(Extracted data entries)
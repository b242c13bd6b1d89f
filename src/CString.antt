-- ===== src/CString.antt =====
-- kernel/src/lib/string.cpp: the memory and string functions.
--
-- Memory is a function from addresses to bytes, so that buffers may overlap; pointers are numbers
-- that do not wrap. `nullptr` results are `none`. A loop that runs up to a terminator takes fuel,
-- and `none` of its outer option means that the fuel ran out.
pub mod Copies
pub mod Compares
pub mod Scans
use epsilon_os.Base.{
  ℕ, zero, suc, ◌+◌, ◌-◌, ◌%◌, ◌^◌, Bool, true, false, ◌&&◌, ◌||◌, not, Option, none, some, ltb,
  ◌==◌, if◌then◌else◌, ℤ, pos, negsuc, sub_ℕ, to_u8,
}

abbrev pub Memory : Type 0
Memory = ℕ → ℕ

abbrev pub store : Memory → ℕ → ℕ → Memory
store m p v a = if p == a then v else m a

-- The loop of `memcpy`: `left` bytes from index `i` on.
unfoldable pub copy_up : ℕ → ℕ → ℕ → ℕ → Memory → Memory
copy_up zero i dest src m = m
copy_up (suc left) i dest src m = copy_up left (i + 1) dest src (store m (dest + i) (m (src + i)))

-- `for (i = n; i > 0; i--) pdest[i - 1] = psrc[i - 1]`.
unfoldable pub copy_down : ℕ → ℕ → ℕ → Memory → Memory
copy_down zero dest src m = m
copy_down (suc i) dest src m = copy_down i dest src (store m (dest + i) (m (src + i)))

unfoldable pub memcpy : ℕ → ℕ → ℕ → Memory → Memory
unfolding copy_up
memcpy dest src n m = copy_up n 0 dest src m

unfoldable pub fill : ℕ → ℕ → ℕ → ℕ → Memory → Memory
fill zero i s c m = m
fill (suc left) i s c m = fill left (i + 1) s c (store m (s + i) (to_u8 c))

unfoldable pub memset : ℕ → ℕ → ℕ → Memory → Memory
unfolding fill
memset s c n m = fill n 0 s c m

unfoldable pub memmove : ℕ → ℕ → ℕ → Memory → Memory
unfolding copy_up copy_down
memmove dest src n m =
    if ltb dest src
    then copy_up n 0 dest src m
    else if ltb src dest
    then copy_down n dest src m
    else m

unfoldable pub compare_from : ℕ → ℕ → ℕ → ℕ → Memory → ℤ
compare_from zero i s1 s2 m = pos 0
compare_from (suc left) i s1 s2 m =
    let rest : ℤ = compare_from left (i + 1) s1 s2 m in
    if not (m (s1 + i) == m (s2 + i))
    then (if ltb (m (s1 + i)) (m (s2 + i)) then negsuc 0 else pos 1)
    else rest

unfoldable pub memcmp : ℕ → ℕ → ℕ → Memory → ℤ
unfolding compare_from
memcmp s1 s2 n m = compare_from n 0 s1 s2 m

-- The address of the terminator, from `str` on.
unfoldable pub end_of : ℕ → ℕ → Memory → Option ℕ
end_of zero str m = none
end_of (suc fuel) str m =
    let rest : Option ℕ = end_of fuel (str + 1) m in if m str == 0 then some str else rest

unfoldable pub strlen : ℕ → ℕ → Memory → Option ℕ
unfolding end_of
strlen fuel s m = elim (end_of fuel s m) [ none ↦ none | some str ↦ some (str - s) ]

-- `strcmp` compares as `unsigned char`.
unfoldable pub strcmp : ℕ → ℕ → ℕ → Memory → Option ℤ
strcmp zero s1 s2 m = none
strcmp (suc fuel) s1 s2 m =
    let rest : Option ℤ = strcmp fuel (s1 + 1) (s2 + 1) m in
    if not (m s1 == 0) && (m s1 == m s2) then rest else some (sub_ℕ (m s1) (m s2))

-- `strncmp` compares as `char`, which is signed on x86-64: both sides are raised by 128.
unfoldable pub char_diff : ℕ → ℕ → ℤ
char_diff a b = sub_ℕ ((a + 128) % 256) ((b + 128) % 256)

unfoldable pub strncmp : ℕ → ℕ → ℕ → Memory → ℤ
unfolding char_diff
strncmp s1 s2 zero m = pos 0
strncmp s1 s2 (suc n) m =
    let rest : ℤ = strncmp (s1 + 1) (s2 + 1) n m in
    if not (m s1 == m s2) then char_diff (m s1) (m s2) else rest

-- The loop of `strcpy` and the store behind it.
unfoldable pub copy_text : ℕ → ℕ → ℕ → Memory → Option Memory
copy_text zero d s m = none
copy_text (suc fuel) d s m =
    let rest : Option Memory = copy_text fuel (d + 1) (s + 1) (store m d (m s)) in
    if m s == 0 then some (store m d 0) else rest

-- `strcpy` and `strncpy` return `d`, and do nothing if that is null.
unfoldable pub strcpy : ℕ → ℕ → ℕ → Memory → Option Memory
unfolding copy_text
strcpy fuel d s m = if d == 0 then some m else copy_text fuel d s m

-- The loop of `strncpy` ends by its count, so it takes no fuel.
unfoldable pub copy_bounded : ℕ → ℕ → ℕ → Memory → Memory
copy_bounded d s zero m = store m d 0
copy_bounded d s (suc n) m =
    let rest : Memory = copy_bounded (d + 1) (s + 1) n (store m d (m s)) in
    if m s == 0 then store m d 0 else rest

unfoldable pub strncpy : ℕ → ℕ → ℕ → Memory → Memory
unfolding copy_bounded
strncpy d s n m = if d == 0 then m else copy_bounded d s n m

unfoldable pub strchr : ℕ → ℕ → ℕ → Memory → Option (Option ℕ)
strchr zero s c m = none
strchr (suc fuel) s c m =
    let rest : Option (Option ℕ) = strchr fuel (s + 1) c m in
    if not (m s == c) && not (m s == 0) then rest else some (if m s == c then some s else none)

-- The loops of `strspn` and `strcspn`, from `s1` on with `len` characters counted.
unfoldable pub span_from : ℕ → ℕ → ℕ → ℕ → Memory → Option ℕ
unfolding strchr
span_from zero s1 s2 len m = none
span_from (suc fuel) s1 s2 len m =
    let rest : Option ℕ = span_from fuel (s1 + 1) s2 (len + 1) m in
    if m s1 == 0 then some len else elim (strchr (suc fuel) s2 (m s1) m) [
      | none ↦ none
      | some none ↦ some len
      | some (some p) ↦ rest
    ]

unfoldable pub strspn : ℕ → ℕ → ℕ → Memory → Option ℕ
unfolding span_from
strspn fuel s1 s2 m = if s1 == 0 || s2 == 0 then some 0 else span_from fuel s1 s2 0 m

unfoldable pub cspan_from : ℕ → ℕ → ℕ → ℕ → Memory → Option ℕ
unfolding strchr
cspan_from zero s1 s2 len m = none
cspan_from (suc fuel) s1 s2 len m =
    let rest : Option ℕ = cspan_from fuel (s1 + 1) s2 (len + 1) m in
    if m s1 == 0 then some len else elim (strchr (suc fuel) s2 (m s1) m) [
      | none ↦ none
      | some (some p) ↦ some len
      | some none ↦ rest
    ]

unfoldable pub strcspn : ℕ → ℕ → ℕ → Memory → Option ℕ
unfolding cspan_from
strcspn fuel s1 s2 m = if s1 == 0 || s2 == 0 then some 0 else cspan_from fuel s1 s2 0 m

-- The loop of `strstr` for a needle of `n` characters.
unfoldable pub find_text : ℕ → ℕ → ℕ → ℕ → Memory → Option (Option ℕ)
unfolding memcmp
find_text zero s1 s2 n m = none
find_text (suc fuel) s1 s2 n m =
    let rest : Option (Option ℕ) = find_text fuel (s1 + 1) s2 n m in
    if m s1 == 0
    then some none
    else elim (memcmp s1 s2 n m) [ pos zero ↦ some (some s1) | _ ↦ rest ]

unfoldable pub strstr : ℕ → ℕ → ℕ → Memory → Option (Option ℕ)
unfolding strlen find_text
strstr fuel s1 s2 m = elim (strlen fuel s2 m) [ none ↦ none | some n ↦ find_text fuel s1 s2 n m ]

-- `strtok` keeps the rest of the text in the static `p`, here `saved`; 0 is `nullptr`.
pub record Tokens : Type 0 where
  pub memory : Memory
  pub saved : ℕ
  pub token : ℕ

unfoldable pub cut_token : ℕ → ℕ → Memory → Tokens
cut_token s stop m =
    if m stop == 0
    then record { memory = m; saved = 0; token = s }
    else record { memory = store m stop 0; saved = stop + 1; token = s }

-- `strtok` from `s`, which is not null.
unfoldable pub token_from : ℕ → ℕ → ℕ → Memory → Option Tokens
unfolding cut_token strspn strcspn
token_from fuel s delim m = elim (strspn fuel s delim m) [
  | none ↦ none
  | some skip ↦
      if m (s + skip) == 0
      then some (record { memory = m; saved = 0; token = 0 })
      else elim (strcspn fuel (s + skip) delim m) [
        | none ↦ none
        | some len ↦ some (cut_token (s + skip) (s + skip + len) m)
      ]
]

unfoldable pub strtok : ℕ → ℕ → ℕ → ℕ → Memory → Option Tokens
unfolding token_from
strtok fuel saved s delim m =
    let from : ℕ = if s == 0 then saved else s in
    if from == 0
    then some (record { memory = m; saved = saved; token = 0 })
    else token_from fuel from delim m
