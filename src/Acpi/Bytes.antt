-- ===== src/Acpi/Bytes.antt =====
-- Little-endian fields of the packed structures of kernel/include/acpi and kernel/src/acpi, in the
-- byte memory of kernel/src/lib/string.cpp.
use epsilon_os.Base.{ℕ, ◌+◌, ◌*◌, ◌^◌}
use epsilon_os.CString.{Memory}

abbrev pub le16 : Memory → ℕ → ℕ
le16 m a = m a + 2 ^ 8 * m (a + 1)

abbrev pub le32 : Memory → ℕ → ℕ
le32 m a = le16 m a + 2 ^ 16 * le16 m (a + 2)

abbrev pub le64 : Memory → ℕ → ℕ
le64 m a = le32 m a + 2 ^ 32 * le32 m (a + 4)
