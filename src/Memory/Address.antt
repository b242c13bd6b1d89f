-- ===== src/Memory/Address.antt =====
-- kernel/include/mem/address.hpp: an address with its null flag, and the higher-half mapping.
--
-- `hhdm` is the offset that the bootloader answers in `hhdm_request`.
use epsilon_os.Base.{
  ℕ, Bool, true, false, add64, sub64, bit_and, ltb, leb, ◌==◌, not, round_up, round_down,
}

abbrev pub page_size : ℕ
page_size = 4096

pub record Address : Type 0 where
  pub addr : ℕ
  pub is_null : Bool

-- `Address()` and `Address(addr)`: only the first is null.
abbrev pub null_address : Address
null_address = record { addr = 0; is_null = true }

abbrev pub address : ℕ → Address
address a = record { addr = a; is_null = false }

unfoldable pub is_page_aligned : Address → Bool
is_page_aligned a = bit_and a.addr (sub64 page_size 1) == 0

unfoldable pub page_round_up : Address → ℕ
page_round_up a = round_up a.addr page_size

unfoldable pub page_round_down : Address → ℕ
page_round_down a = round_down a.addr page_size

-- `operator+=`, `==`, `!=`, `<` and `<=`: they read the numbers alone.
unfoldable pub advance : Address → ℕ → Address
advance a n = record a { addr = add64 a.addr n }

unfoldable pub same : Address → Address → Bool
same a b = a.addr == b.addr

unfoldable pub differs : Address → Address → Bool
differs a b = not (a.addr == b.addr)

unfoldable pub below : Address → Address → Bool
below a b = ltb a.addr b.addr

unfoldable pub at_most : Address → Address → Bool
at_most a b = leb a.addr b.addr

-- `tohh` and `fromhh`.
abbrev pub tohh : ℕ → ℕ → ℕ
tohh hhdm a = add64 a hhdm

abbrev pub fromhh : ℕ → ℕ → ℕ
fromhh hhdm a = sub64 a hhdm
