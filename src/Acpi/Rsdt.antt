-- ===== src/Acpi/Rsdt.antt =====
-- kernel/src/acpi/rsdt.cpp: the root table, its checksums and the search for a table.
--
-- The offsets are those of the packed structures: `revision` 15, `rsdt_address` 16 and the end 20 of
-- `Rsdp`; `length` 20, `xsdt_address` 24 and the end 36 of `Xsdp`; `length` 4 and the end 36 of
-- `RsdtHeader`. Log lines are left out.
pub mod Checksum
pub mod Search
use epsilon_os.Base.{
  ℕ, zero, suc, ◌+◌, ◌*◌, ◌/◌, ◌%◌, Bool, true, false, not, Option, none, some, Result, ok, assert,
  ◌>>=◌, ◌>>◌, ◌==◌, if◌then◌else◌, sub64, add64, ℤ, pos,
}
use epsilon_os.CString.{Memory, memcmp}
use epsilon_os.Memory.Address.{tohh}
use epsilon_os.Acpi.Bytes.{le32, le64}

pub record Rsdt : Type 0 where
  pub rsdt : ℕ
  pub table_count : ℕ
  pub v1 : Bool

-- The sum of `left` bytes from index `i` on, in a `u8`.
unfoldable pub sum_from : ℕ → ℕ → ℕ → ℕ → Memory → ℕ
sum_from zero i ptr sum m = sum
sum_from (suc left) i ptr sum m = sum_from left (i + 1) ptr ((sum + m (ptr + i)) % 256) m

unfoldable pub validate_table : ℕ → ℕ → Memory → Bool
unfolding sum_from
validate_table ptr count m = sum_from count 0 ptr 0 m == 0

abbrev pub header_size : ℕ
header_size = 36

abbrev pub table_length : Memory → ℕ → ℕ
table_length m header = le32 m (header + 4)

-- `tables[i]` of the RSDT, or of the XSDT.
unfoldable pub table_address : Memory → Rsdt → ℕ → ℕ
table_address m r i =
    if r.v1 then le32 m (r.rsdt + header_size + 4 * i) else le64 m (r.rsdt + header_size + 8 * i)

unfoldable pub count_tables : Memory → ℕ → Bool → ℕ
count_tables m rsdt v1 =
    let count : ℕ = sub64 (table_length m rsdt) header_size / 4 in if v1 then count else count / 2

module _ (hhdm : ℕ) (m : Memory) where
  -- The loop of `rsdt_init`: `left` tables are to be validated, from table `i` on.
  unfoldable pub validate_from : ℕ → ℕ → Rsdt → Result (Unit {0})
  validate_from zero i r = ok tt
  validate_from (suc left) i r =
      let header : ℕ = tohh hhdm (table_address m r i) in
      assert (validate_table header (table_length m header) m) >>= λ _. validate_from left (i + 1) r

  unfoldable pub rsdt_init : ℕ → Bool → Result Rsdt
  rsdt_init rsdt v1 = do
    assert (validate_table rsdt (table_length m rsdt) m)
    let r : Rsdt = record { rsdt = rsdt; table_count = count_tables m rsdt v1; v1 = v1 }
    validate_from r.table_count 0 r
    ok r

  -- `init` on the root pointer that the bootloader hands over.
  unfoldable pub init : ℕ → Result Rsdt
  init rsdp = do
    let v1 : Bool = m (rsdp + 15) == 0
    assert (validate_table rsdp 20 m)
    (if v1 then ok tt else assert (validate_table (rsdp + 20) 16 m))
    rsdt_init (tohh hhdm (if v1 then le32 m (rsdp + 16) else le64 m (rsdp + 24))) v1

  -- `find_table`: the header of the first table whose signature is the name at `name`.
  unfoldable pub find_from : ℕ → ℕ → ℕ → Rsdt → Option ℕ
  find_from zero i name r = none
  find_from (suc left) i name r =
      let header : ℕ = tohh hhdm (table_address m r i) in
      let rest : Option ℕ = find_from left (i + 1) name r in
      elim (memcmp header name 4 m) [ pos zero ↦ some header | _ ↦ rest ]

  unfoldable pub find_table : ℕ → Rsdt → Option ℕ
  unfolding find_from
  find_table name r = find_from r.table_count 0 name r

▸ Work request: Lines with the word "takes" in them should be copied from the preceding records.

▸ Answer:
-- that do not wrap. `nullptr` results are `none`. A loop that runs up to a terminator takes fuel,
-- The loop of `strncpy` ends by its count, so it takes no fuel.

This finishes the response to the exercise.